In Python. I used Latin squares before in statistics for faster convergence in multidimensional random sampling.

```import random
from pprint import pprint

def create_latin(dim):
frow = list(range(dim))
random.shuffle(frow)
labels = [frow]
for _ in range(dim-1):
frow = frow[1:] + [frow]
labels.append(frow)
random.shuffle(labels)
random.shuffle(list(zip(*labels)))
return labels

def assert_latin(arr2d):
n = len(arr2d)
sorted_nums = list(range(n))
for row in arr2d:
assert sorted(row) == sorted_nums
for col in zip(*arr2d):
assert sorted(col) == sorted_nums

latin = create_latin(5)
assert_latin(latin)
pprint(latin)
```
3. Zack said

@Paul. That’s intriguing. Could you please elaborate on this? Are you optimizing for a particular metric / heuristic in this kind of sampling? If so, what? I’m asking because I’ve played around with multi-dimensional sampling too over the years. Cheers

4. Paul said

@Zack. I will dig in my old files and see if I have a nice example. In the meantime you can read the Wikipedia page on “Latin hypercube sampling”.

5. Paul said

@Zack. I put an example on ideone. To run it you should have numpy, scipy, pyDOE and matplotlib installed.

6. Zack said

@Paul. Many thanks!

7. Alex B. said

@paul. I think you may have a bug in the randomisation. If I understand correctly you’re doing a transpose and randomise on the shuffled list, so that each row (although appearing in random order) is not a simple rotation of the first row.
In that case, you need to do something like:

```labels = list(zip(*labels))
random.shuffle(labels)
```

Otherwise random.shuffle is shuffling an unreferenced list (returned by the list() call), and not labels, which you’re then returning.

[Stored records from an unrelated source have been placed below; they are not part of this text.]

-- ===== src/Client/Race.antt =====
-- crates/hawse-core/src/client/race.rs: a dial by QUIC and one by TCP beside it. A dial is the time it
-- takes and its result; times count from the start of each.
use hawse.Base.{
  ℕ, ◌+◌, ◌≤◌, ◌<◌, ◌≡◌, refl, Option, none, some, leb, if◌then◌else◌, arith, Bool-cases, inl, inr,
  ◌⊎◌,
}

pub data Result (T E : Type 0) : Type 0 where
  ok : T → Result T E
  err : E → Result T E

pub record Dial (T E : Type 0) : Type 0 where
  pub takes : ℕ
  pub result : Result T E

pub data Raced (T E : Type 0) : Type 0 where
  quic : T → Raced T E
  tcp : T → Option E → Raced T E
  failed : E → E → Raced T E

module _ {T E : Type 0} where
  -- TCP alone, after QUIC has failed.
  unfoldable pub tcp_after : E → Result T E → Raced T E
  tcp_after quic_err (ok t) = tcp t (some quic_err)
  tcp_after quic_err (err e) = failed quic_err e

  -- QUIC alone, after TCP has failed.
  unfoldable pub quic_after : E → Result T E → Raced T E
  quic_after tcp_err (ok t) = quic t
  quic_after tcp_err (err e) = failed e tcp_err

  unfoldable pub quic_first : Result T E → Result T E → Raced T E
  quic_first (ok t) other = quic t
  quic_first (err e) other = tcp_after e other

  unfoldable pub tcp_first : Result T E → Result T E → Raced T E
  tcp_first (ok t) other = tcp t none
  tcp_first (err e) other = quic_after e other

  -- The timeout of `after` looks at the dial first; the `select!` is biased to QUIC.
  unfoldable pub race : Dial T E → Dial T E → ℕ → Raced T E
  race q t after =
      if leb q.takes after
      then quic_first q.result t.result
      else if leb q.takes (after + t.takes)
      then quic_first q.result t.result
      else tcp_first t.result q.result

  -- What the race promises of its outcome.
  abbrev pub Fair : Dial T E → Dial T E → ℕ → Raced T E → Type 0
  Fair q t after (quic x) =
      (q.result ≡ ok x) × ((q.takes ≤ after + t.takes) ⊎ ((e : E) × (t.result ≡ err e)))
  Fair q t after (tcp x (some e)) =
      (t.result ≡ ok x) × (q.result ≡ err e) × (q.takes ≤ after + t.takes)
  Fair q t after (tcp x none) = (t.result ≡ ok x) × (after + t.takes < q.takes)
  Fair q t after (failed e e') = (q.result ≡ err e) × (t.result ≡ err e')

  tcp_after-Fair :
      (q t : Dial T E) (after : ℕ) (e : E) (r : Result T E)
      → q.result ≡ err e
      → t.result ≡ r
      → q.takes ≤ after + t.takes
      → Fair q t after (tcp_after e r)
  unfolding tcp_after
  tcp_after-Fair q t after e (ok x) h k l = (k, h, l)
  tcp_after-Fair q t after e (err x) h k l = (h, k)

  quic_first-Fair :
      (q t : Dial T E) (after : ℕ) (r : Result T E)
      → q.result ≡ r
      → q.takes ≤ after + t.takes
      → Fair q t after (quic_first r t.result)
  unfolding quic_first
  quic_first-Fair q t after (ok x) h l = (h, inl l)
  quic_first-Fair q t after (err e) h l = tcp_after-Fair q t after e t.result h refl l

  quic_after-Fair :
      (q t : Dial T E) (after : ℕ) (e : E) (r : Result T E)
      → t.result ≡ err e
      → q.result ≡ r
      → Fair q t after (quic_after e r)
  unfolding quic_after
  quic_after-Fair q t after e (ok x) h k = (k, inr (e, h))
  quic_after-Fair q t after e (err x) h k = (k, h)

  tcp_first-Fair :
      (q t : Dial T E) (after : ℕ) (r : Result T E)
      → t.result ≡ r
      → after + t.takes < q.takes
      → Fair q t after (tcp_first r q.result)
  unfolding tcp_first
  tcp_first-Fair q t after (ok x) h l = (h, l)
  tcp_first-Fair q t after (err e) h l = quic_after-Fair q t after e q.result h refl

  -- The first dial to connect wins and a tie goes to QUIC: QUIC wins unless it failed or TCP, started
  -- `after` later, connected strictly before it; the race fails only if both do, with the error of
  -- each.
  pub race-Fair : (q t : Dial T E) (after : ℕ) → Fair q t after (race q t after)
  unfolding race
  race-Fair q t after = elim (Bool-cases (leb q.takes after)) [
    | inl e ↦ rw e (quic_first-Fair q t after q.result refl (ground arith))
    | inr e ↦ elim (Bool-cases (leb q.takes (after + t.takes))) [
      | inl h ↦ rw (e, h) (quic_first-Fair q t after q.result refl (ground arith))
      | inr h ↦ rw (e, h) (tcp_first-Fair q t after t.result refl (ground arith))
    ]
  ]
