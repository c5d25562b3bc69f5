-- ===== src/Client/Dial.antt =====
-- crates/hawse-core/src/client/mod.rs: dialing the server's addresses in turn.
use hawse.Base.{◌≡◌, refl, ap, ◌⊎◌, inl, inr, List, [], ◌∷◌, ◌++◌}
use hawse.Base.Net.{SocketAddr}
use hawse.Client.Race.{Result, ok, err}

Result-cases : {T E : Type 0} (r : Result T E) → ((t : T) × (r ≡ ok t)) ⊎ ((e : E) × (r ≡ err e))
Result-cases (ok t) = inl (t, refl)
Result-cases (err e) = inr (e, refl)

module _ {T E : Type 0} (dial : SocketAddr → Result T E) where
  -- The loop of `dial_each` from `failed` on.
  unfoldable pub dial_from : E → List SocketAddr → Result (SocketAddr × T) E
  dial_from failed [] = err failed
  dial_from failed (remote ∷ addrs) = elim (dial remote) [
    | ok dialed ↦ ok (remote, dialed)
    | err e ↦ dial_from e addrs
  ]

  unfoldable pub dial_each : List SocketAddr → E → Result (SocketAddr × T) E
  dial_each addrs none_there = dial_from none_there addrs

  -- No address of the list connects.
  abbrev pub AllFail : List SocketAddr → Type 0
  AllFail [] = Unit
  AllFail (a ∷ addrs) = ((e : E) × (dial a ≡ err e)) × AllFail addrs

  -- No address of the list connects, and `e` is the error of the last of them, or `failed` without
  -- one.
  abbrev pub LastError : E → List SocketAddr → E → Type 0
  LastError failed [] e = e ≡ failed
  LastError failed (a ∷ addrs) e = (x : E) × (dial a ≡ err x) × LastError x addrs e

  -- What `dial_each` promises of its result.
  abbrev pub IsFirst : E → List SocketAddr → Result (SocketAddr × T) E → Type 0
  IsFirst failed addrs (ok (remote, dialed)) =
      (before : List SocketAddr) × (after : List SocketAddr) × (addrs ≡ before ++ (remote ∷ after))
      × AllFail before
      × (dial remote ≡ ok dialed)
  IsFirst failed addrs (err e) = LastError failed addrs e

  one_more :
      (a : SocketAddr) (e failed : E) (addrs : List SocketAddr) (r : Result (SocketAddr × T) E)
      → dial a ≡ err e
      → IsFirst e addrs r
      → IsFirst failed (a ∷ addrs) r
  one_more a e failed addrs (ok (remote, dialed)) f (before, after, split, fails, connects) =
      (a ∷ before, after, ap (◌∷◌ a) split, ((e, f), fails), connects)
  one_more a e failed addrs (err x) f last = (e, f, last)

  dial_from-IsFirst :
      (failed : E) (addrs : List SocketAddr) → IsFirst failed addrs (dial_from failed addrs)
  unfolding dial_from
  dial_from-IsFirst failed [] = refl
  dial_from-IsFirst failed (a ∷ addrs) = elim (Result-cases (dial a)) [
    | inl (dialed, e) ↦ rw (e, dial_from) ([], addrs, refl, tt, e)
    | inr (x, e) ↦
        rw (e, dial_from)
          (one_more a x failed addrs (dial_from x addrs) e (dial_from-IsFirst x addrs))
  ]

  -- `dial_each` gives the first address that connects, with what connected, those before it having
  -- failed; or none connects, and the error is that of the last, or the given one for no address.
  pub dial_each-IsFirst :
      (addrs : List SocketAddr) (none_there : E)
      → IsFirst none_there addrs (dial_each addrs none_there)
  unfolding dial_each
  dial_each-IsFirst addrs none_there = dial_from-IsFirst none_there addrs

(My apologies if I’ve misunderstood)

8. Paul said

@Alex B: I understand your concerns. I had them too. However, after checking if the result is a latin square I thought I did it right. But you are right the last shuffle doesn’t work and your suggestion works fine. Thanks.

9. Daniel said

Here’s a numpy-based solution in Python.

```import numpy as np

def latin_square(n):
arange = np.arange(n)
x = np.stack(tuple(np.roll(arange, x) for x in range(n)))
x[:, arange] = x[:, np.random.permutation(arange)]
x[arange, :] = x[np.random.permutation(arange), :]
return x

print(latin_square(5))
```

Output:

```array([[3, 1, 0, 2, 4],
[1, 4, 3, 0, 2],
[0, 3, 2, 4, 1],
[4, 2, 1, 3, 0],
[2, 0, 4, 1, 3]])
```
10. Daniel said

Line 5 in my preceding solution can be simplified by removing the call to “tuple”.

```x = np.stack(np.roll(arange, x) for x in range(n))
```
11. Stephane said

All the solutions presented here are valid but are not truly “random”. Just swapping rows and columns keeps some symmetry: for example, from the big Latin Square at the top of the page, pick up two consecutive numbers from the first rows, for example, 23 and 21 of the second row. Just below these numbers are 8 and 3. Now, on any row, find 23 and 21 (which most probably won’t be consecutive) and from each number, in its column, find 8 (for 23) and 3 (for 21), you will see that they are on the same row! So, is it possible to build a Latin Square without this property and how would you do it?